- Born: 3 January 1920 Khurja, United Provinces of Agra and Oudh, British India
- Died: 11 October 2014 (aged 94) Aligarh, Uttar Pradesh, India
- Allegiance: British India Azad Hind
- Branch: British Indian Army Indian National Army
- Service years: 1939–1947
- Rank: Captain
- Conflicts: World War II

= Abbas Ali (Indian National Army) =

Indian freedom fighter (1920 – 2014)

Abbas Ali (3 January 1920 – 11 October 2014) was an Indian freedom fighter and politician who was a captain in the Indian National Army led by Subhas Chandra Bose. Later he joined the Socialist movement and was a close associate of Ram Manohar Lohia.

==Personal life==
Abbas Ali was born at Khurja, Bulandshahr district of Uttar Pradesh, on 3 January 1920 into a Muslim Rajput family. From his early days he was inspired by the revolutionary ideas of Bhagat Singh and joined Naujawan Bharat Sabha, an organization founded by Singh and his colleagues while he was a high school student at Khurja. While pursuing his studies at Aligarh Muslim University he came in contact with Kunwar Muhammed Ashraf and become member of the All India Students Federation. On his inspiration to revolt in army he joined the British Indian Army in 1939. During his service in British Indian Army, during the Second World War, he was posted at various officers training schools of India such as Bangalore, RIASC Depot Ferozpur (Punjab), Waziristan (N.W.F.P), Naushera (N.W.F.P) Khanpur Camp (Delhi), Bareilly Cantt (United Province), Bhiwandi Army training Camp (Maharashtra), Singapore, Ipoh, Penang, Kualalampur (Malaya), Arakan, and Rangoon (now Yangoon).

In 1945 when Subhash Chandra Bose called for revolt he left the British Army and joined the Indian National Army (INA) or "Azad Hind Fauj" but later he was arrested, court-martialled and sentenced to death. When India gained independence in 1947 he was released by the Indian government.

==Political life==
In 1948 Abbas Ali joined the Socialist Party led by Narendra Deva, Jayaprakash Narayan and Ram Manohar Lohia and remained associated with all the Socialist streams namely the Socialist Party, Praja Socialist Party, Samyukta Socialist Party and Socialist Party until its merger with the Janata Party in 1977. He was General Secretary of the Uttar Pradesh unit of Samyukta Socialist Party (SSP) in 1966–67, and of the Socialist Party in 1973–74, respectively and was member of the National Executive of the Socialist Party and of its Parliamentary board, 1974–77.

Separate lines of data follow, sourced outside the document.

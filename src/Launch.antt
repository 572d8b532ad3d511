-- ===== src/Launch.antt =====
-- orchestration/research_launch_claims.py: the durable claim of one research launch, its hand-over to
-- the dispatcher, and its recovery. This file holds the contracts and the requests.
pub mod Requests
pub mod Lineage
pub mod Claims
pub mod Operations
pub mod Binding
pub mod Dispatch
pub mod Effects
pub mod Acknowledging
pub mod Coupling
pub mod Steps
pub mod Lifecycle
pub mod Consistency
pub mod Progress
pub mod Once
pub mod Dispatching
pub mod Atomic
pub mod Claiming
pub mod Samples
use quant_factory.Prelude.{
  ℕ, Bool, true, false, ◌&&◌, Option, none, some, String, nat_eq, string_eq, ◌==◌,
}
use quant_factory.Python.{Exn}
use quant_factory.Python.Json
use quant_factory.Python.Json.{Json, Texts}
use quant_factory.Persistence.{
  RunStage, StrategyLifecycle, ResearchLaunchOperation, ExperimentRunRecord,
  ResearchRunSubmissionRecord,
}

-- `protocol_version: int | str`
pub data Protocol : Type 0 where
  version : ℕ → Protocol
  name : String → Protocol

pub record ResearchLaunchContract : Type 0 where
  pub protocol_version : Protocol
  pub accepted_launch_policy : String
  pub stage : RunStage
  pub required_strategy_lifecycle : StrategyLifecycle
  pub stage_field : String
  pub created_event_message : String
  pub started_event_message : String

abbrev pub fixture_launch_contract : ResearchLaunchContract
fixture_launch_contract = record {
  protocol_version = version 1;
  accepted_launch_policy = "milestone23_infrastructure_fixture_only";
  stage = RunStage.fixture;
  required_strategy_lifecycle = StrategyLifecycle.infrastructure_fixture;
  stage_field = "fixture_stage";
  created_event_message = "Run created for durable research fixture submission.";
  started_event_message = "Run started through acknowledged Prefect fixture execution.";
}

abbrev candidate_screening_launch_contract : ResearchLaunchContract
candidate_screening_launch_contract = record {
  protocol_version = name "candidate_screening_v1";
  accepted_launch_policy = "owner_approved_candidate_screening_only";
  stage = RunStage.screening;
  required_strategy_lifecycle = StrategyLifecycle.candidate;
  stage_field = "candidate_stage";
  created_event_message = "Run created for explicit candidate screening submission.";
  started_event_message = "Run started through acknowledged Prefect candidate screening execution.";
}

-- `value == protocol_version`: in Python `True` and `1.0` equal 1 too.
abbrev pub is_protocol : Json → Protocol → Bool
is_protocol (Json.number n) (version m) = n == m
is_protocol (Json.boolean true) (version m) = m == 1
is_protocol (Json.fraction s) (version m) = (m == 1) && (s == "1.0")
is_protocol (Json.text s) (name t) = s == t
is_protocol _ _ = false

abbrev pub of_protocol : Protocol → Json
of_protocol (version n) = Json.number n
of_protocol (name s) = Json.text s

pub record ResearchLaunchRequest : Type 0 where
  pub operation : ResearchLaunchOperation
  pub configuration_id : String
  pub source_run_id : Option String
  pub source_lineage : Option Texts

pub record ResearchLaunchClaim : Type 0 where
  pub submission : ResearchRunSubmissionRecord
  pub run : ExperimentRunRecord
  pub is_created : Bool

pub record ResearchDispatchDecision : Type 0 where
  pub submission : ResearchRunSubmissionRecord
  pub should_invoke : Bool

pub record ResearchDispatchResult (A : Type 0) : Type 0 where
  pub submission : ResearchRunSubmissionRecord
  pub invoked : Bool
  pub value : Option A

-- What one call meets outside the program: whether the database stays locked, the readings of
-- `utc_now`, the fresh run identity, and the failure that the test hook raises at a step.
pub record Call : Type 0 where
  pub is_busy : Bool
  pub clock : ℕ → String
  pub new_run_id : String
  pub claim_failure : String → Option Exn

In 1967 he played a key role in the formation of the first Non-Congress Samyukta Vidhayak Dal (SVD) government in Uttar Pradesh led by Charan Singh, who became Prime Minister of India in 1979. During the Socialist movement (1948–74) he was arrested more than fifty times in various civil disobedience movements.

During the emergency (1975–77) he was imprisoned for 19 months under the Defense of India rule (DIR) and the Maintenance of Internal Security Act (MISA) and when emergency was lifted in 1977 and Janata Party came into power he became first President of the Uttar Pradesh unit of Janata party. In 1978 he was elected to the UP Legislative Council for six years. He had been a member of UP Sunni Central Waqf Board for six years. He wrote his autobiography Na Rahoon Kisi ka Dastenigar-Mera Safarnama in 2008, which was released on 3 January 2009, on his ninetieth birthday in New Delhi by Shri Surendra Mohan, Mulayam Singh Yadav, Ram Vilas Paswan, Ramjilal Suman, Saghir Ahmad and many other friends and colleagues.

Ali died on 11 October 2014 at Jawaharlal Nehru Medical College, Aligarh due to heart failure.